Saved data entries
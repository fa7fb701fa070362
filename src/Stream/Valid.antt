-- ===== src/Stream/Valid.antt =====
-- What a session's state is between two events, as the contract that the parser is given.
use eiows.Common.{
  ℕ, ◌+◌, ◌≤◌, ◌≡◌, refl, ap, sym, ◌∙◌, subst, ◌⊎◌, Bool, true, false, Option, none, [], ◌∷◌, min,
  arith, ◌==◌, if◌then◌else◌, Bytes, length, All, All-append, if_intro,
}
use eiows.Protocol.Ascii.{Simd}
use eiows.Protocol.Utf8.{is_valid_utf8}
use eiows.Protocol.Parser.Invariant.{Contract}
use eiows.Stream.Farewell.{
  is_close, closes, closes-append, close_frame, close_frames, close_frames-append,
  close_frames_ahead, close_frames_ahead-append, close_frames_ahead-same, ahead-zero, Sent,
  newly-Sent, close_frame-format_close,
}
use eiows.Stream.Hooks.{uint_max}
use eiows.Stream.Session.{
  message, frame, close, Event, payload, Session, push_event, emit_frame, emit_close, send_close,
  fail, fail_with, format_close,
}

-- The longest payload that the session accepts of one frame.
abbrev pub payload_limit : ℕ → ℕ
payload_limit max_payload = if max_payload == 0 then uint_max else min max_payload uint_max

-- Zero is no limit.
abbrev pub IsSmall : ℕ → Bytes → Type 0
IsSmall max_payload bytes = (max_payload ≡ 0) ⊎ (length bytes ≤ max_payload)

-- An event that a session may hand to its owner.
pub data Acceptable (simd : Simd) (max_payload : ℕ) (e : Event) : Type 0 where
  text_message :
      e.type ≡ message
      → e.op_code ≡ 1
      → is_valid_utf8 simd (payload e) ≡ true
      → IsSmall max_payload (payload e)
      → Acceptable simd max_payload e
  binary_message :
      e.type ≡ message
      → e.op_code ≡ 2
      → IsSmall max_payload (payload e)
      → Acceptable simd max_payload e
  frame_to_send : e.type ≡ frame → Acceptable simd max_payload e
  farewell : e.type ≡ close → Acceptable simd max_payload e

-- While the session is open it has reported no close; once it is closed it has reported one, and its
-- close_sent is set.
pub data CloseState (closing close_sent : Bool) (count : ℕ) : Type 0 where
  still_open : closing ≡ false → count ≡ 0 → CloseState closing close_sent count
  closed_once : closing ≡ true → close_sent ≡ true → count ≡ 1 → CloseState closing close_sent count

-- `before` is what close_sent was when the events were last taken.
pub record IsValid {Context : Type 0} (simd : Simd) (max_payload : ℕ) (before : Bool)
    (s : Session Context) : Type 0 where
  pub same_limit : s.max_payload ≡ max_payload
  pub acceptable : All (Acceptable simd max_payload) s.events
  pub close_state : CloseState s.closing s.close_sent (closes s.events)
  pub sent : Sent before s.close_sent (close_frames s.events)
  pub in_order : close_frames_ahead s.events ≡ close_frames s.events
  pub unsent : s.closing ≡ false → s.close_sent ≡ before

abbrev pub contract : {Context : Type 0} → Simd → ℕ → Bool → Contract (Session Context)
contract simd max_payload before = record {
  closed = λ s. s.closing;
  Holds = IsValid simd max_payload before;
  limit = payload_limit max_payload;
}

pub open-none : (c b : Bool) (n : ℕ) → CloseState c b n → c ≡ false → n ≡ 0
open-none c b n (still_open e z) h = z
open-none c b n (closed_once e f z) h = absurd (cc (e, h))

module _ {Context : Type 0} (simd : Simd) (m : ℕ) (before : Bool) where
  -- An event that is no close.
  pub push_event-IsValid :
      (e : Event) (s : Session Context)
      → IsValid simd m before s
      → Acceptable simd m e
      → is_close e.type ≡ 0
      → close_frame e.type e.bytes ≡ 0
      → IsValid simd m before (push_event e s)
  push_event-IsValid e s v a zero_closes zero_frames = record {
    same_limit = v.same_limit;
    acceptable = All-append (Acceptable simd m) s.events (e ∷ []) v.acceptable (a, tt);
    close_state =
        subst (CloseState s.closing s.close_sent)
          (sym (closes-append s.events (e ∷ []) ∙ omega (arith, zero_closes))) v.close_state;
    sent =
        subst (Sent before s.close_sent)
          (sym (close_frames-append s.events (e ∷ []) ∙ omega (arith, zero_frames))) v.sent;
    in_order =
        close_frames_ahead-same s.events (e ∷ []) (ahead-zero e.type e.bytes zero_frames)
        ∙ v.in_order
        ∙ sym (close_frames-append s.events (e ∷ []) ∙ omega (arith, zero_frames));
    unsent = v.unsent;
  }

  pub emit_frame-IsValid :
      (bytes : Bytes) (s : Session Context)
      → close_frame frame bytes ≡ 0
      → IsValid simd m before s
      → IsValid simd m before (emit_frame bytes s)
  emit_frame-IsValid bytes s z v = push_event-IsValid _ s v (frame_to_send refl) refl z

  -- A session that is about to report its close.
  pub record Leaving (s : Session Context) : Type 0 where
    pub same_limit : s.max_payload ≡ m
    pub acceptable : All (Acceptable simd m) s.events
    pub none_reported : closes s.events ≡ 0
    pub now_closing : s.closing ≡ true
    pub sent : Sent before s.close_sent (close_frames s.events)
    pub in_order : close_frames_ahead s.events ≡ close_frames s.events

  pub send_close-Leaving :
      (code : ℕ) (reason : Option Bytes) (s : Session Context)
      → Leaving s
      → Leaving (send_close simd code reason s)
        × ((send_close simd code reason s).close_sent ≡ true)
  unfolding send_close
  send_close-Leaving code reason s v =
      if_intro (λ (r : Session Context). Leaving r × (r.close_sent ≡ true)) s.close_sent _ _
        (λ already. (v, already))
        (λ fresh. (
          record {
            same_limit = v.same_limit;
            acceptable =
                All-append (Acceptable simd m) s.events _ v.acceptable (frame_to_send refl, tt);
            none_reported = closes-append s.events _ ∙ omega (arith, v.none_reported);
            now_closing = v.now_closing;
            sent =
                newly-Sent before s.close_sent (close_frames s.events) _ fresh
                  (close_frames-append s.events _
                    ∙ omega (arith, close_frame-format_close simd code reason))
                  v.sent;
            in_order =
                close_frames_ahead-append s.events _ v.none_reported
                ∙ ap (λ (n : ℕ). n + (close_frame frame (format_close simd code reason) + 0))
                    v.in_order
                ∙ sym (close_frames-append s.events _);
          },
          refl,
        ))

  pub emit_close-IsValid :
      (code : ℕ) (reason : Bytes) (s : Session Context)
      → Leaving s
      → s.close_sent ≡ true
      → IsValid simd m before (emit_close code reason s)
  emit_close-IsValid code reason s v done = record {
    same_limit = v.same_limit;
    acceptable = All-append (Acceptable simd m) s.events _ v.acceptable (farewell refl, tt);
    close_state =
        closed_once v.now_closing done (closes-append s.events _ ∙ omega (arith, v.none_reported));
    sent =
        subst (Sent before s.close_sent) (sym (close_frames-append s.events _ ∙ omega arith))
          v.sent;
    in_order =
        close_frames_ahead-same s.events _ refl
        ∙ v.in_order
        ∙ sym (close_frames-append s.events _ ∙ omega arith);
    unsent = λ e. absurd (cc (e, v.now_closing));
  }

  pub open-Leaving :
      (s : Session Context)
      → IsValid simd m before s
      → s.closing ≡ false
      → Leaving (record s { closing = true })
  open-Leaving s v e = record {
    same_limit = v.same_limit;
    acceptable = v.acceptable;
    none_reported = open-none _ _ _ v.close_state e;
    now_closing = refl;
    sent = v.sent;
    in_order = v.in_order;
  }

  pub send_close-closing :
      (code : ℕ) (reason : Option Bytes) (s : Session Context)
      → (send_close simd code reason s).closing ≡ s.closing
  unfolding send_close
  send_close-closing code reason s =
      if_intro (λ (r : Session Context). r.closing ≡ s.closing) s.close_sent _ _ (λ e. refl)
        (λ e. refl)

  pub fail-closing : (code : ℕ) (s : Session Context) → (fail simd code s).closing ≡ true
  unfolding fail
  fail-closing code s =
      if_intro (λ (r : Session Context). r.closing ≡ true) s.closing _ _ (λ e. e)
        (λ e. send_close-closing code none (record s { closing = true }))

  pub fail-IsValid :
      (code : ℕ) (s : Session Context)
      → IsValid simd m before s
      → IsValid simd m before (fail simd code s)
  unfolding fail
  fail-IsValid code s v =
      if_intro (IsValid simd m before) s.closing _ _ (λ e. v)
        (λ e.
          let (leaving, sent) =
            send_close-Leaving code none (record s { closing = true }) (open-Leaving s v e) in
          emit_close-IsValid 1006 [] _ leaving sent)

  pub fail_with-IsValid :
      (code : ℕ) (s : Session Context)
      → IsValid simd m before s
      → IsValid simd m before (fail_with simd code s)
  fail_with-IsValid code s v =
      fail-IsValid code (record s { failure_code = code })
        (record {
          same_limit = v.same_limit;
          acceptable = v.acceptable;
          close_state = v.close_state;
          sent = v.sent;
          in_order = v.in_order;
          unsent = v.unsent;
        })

• Problem to work on
Find all lines in the records that hold the word "eiows". Copy them.

• Exercise answer
use eiows.Common.{
use eiows.Protocol.Ascii.{Simd}
use eiows.Protocol.Utf8.{is_valid_utf8}
use eiows.Protocol.Parser.Invariant.{Contract}
use eiows.Stream.Farewell.{
use eiows.Stream.Hooks.{uint_max}
use eiows.Stream.Session.{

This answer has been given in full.